-- ===== src/Storage/Book/Find.antt =====
-- The binary search of `Book::probe`, crates/attic-storage/src/book.rs: on a sorted
-- index it finds what the index holds.
use attic_shogi.Prelude.{
  ℕ, zero, suc, ◌+◌, ◌-◌, ◌/◌, ◌^◌, ◌≤◌, ◌<◌, ◌≡◌, ◌≢◌, refl, sym, ap, ◌∙◌, Bool, inl, inr, none,
  some, arith,
}
use native.Mathlib.Decide.{dec_lt}
use attic_shogi.Prelude.Result.{ok}
use attic_shogi.Storage.Bytes.{Bytes}
use attic_shogi.Storage.Book.{
  Book, IndexEntry, less, greater, cmp, read_index_entry, answer, probe_loop, probe, probe_fuel,
}
use attic_shogi.Storage.Book.Keys.{eq_of_cmp, less-ne, greater-ne, cmp_swap, cmp_trans}
use attic_shogi.Storage.Book.Rounds.{
  Answer, Order-cases, loop-empty, loop-less, loop-greater, loop-equal, ltb-false,
}

-- The index from record 0 on, as `entry` lists it, is read without an error, and its keys ascend.
pub record IsIndex (b : Book) (entry : ℕ → IndexEntry) : Type 0 where
  pub small : b.record_count < 2 ^ 63
  pub reads : (i : ℕ) → i < b.record_count → read_index_entry b i ≡ ok (some (entry i))
  pub ascends :
      (i j : ℕ) → i < j → j < b.record_count → cmp (entry i).packed (entry j).packed ≡ less

-- A probe gives the answer of the record with the key, or a miss where no record has it.
pub data Found (b : Book) (entry : ℕ → IndexEntry) (packed : Bytes) (game_ply : ℕ) (ignore : Bool)
    : Answer → Type 0 where
  hit :
      (i : ℕ)
      → i < b.record_count
      → (entry i).packed ≡ packed
      → Found b entry packed game_ply ignore (some (answer b (entry i) game_ply ignore))
  miss :
      ((i : ℕ) → i < b.record_count → (entry i).packed ≢ packed)
      → Found b entry packed game_ply ignore (some (ok none))

module _ {b : Book} {entry : ℕ → IndexEntry} (v : IsIndex b entry) (packed : Bytes) (game_ply : ℕ)
    (ignore : Bool) where
  -- A key below that of a record is the key of no later one, and a key above of no earlier one.
  later-ne :
      (m i : ℕ)
      → cmp packed (entry m).packed ≡ less
      → m ≤ i
      → i < b.record_count
      → (entry i).packed ≢ packed
  later-ne m i o p q e = elim (dec_lt m i) [
    | yes r ↦
        less-ne packed (entry i).packed
          (cmp_trans packed (entry m).packed (entry i).packed o (v.ascends m i r q)) (sym e)
    | no r ↦
        let same : m ≡ i = omega arith in
        less-ne packed (entry m).packed o (sym e ∙ ap (λ j. (entry j).packed) (sym same))
  ]

  earlier-ne :
      (m i : ℕ)
      → cmp packed (entry m).packed ≡ greater
      → i ≤ m
      → m < b.record_count
      → (entry i).packed ≢ packed
  earlier-ne m i o p q e = elim (dec_lt i m) [
    | yes r ↦
        less-ne (entry i).packed packed
          (cmp_trans (entry i).packed (entry m).packed packed (v.ascends i m r q)
            (cmp_swap packed (entry m).packed o))
          e
    | no r ↦
        let same : m ≡ i = omega arith in
        greater-ne packed (entry m).packed o (sym e ∙ ap (λ j. (entry j).packed) (sym same))
  ]

  module _ (left right : ℕ) where
    -- Everything outside `left..right` is known to have another key.
    abbrev Outside : Type 0
    Outside =
        (right ≤ b.record_count)
        × ((i : ℕ) → i < left → i < b.record_count → (entry i).packed ≢ packed)
        × ((i : ℕ) → right ≤ i → i < b.record_count → (entry i).packed ≢ packed)

    empty-Found :
        (fuel : ℕ)
        → right ≤ left
        → Outside
        → Found b entry packed game_ply ignore
            (probe_loop (suc fuel) b packed game_ply ignore left right)
    empty-Found fuel p (w, lo, hi) =
        rw (loop-empty b packed game_ply ignore fuel left right (ltb-false left right p))
          (miss (λ i q. elim (dec_lt i left) [ yes r ↦ lo i r q | no r ↦ hi i (omega arith) q ]))

  pub probe_loop-Found :
      (k fuel left right : ℕ)
      → right - left < 2 ^ k
      → k < fuel
      → Outside left right
      → Found b entry packed game_ply ignore (probe_loop fuel b packed game_ply ignore left right)
  probe_loop-Found k zero left right h f o = absurd (omega arith)
  probe_loop-Found zero (suc fuel) left right h f o = empty-Found left right fuel (omega arith) o
  probe_loop-Found (suc k) (suc fuel) left right h f (w, lo, hi) = elim (dec_lt left right) [
    | no p ↦ empty-Found left right fuel (omega arith) (w, lo, hi)
    | yes p ↦
        let s = v.small in
        let small : right < 2 ^ 63 = omega arith in
        let m = left + (right - left) / 2 in
        let below : m < b.record_count = omega arith in
        let r = v.reads m below in
        elim (Order-cases (cmp packed (entry m).packed)) [
          | inl o ↦ rw (loop-less b packed game_ply ignore fuel left right p small (entry m) r o) (
              probe_loop-Found k fuel left m (omega arith) (omega arith)
                (omega arith, lo, λ i q. later-ne m i o q))
          | inr (inl o) ↦
              rw (loop-equal b packed game_ply ignore fuel left right p small (entry m) r o)
                (hit m below (sym (eq_of_cmp packed (entry m).packed o)))
          | inr (inr o) ↦
              rw (loop-greater b packed game_ply ignore fuel left right p small (entry m) r o) (
                probe_loop-Found k fuel (m + 1) right (omega arith) (omega arith)
                  (w, λ i q _. earlier-ne m i o (omega arith) below, hi))
        ]
  ]

  pub probe-Found : Found b entry packed game_ply ignore (probe b packed game_ply ignore)
  unfolding probe
  probe-Found =
      let s = v.small in
      probe_loop-Found 63 probe_fuel 0 b.record_count (omega arith) (omega arith)
        (omega arith, λ i p _. absurd (omega arith), λ i p q. absurd (omega arith))

-- The key of a record finds that record, and no other.
pub probe-hit :
    {b : Book} {entry : ℕ → IndexEntry}
    → IsIndex b entry
    → (i : ℕ) (game_ply : ℕ) (ignore : Bool) → i < b.record_count
    → probe b (entry i).packed game_ply ignore ≡ some (answer b (entry i) game_ply ignore)
probe-hit {b} {entry} v i game_ply ignore h = on (probe-Found v (entry i).packed game_ply ignore)
  where
    apart : (j k : ℕ) → j < k → k < b.record_count → (entry j).packed ≢ (entry k).packed
    apart j k p q = less-ne (entry j).packed (entry k).packed (v.ascends j k p q)

    on :
        {a : Answer}
        → Found b entry (entry i).packed game_ply ignore a
        → a ≡ some (answer b (entry i) game_ply ignore)
    on (miss n) = absurd (n i h refl)
    on (hit j p e) = elim (dec_lt j i) [
      | yes q ↦ absurd (apart j i q h e)
      | no q ↦ elim (dec_lt i j) [
        | yes r ↦ absurd (apart i j r p (sym e))
        | no r ↦
            let same : j ≡ i = omega arith in
            ap (λ k. some (answer b (entry k) game_ply ignore)) same
      ]
    ]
________________
■ YOUR OBJECTIVE:
Retype exactly the lines of the data above that fall between the line with "fuel b packed game_ply ignore left right)" and the line with "elim (Order-cases (cmp", inclusive, and add nothing.

■ ANSWER SPACE:
      → Found b entry packed game_ply ignore (probe_loop fuel b packed game_ply ignore left right)
  probe_loop-Found k zero left right h f o = absurd (omega arith)
  probe_loop-Found zero (suc fuel) left right h f o = empty-Found left right fuel (omega arith) o
  probe_loop-Found (suc k) (suc fuel) left right h f (w, lo, hi) = elim (dec_lt left right) [
    | no p ↦ empty-Found left right fuel (omega arith) (w, lo, hi)
    | yes p ↦
        let s = v.small in
        let small : right < 2 ^ 63 = omega arith in
        let m = left + (right - left) / 2 in
        let below : m < b.record_count = omega arith in
        let r = v.reads m below in
        elim (Order-cases (cmp packed (entry m).packed)) [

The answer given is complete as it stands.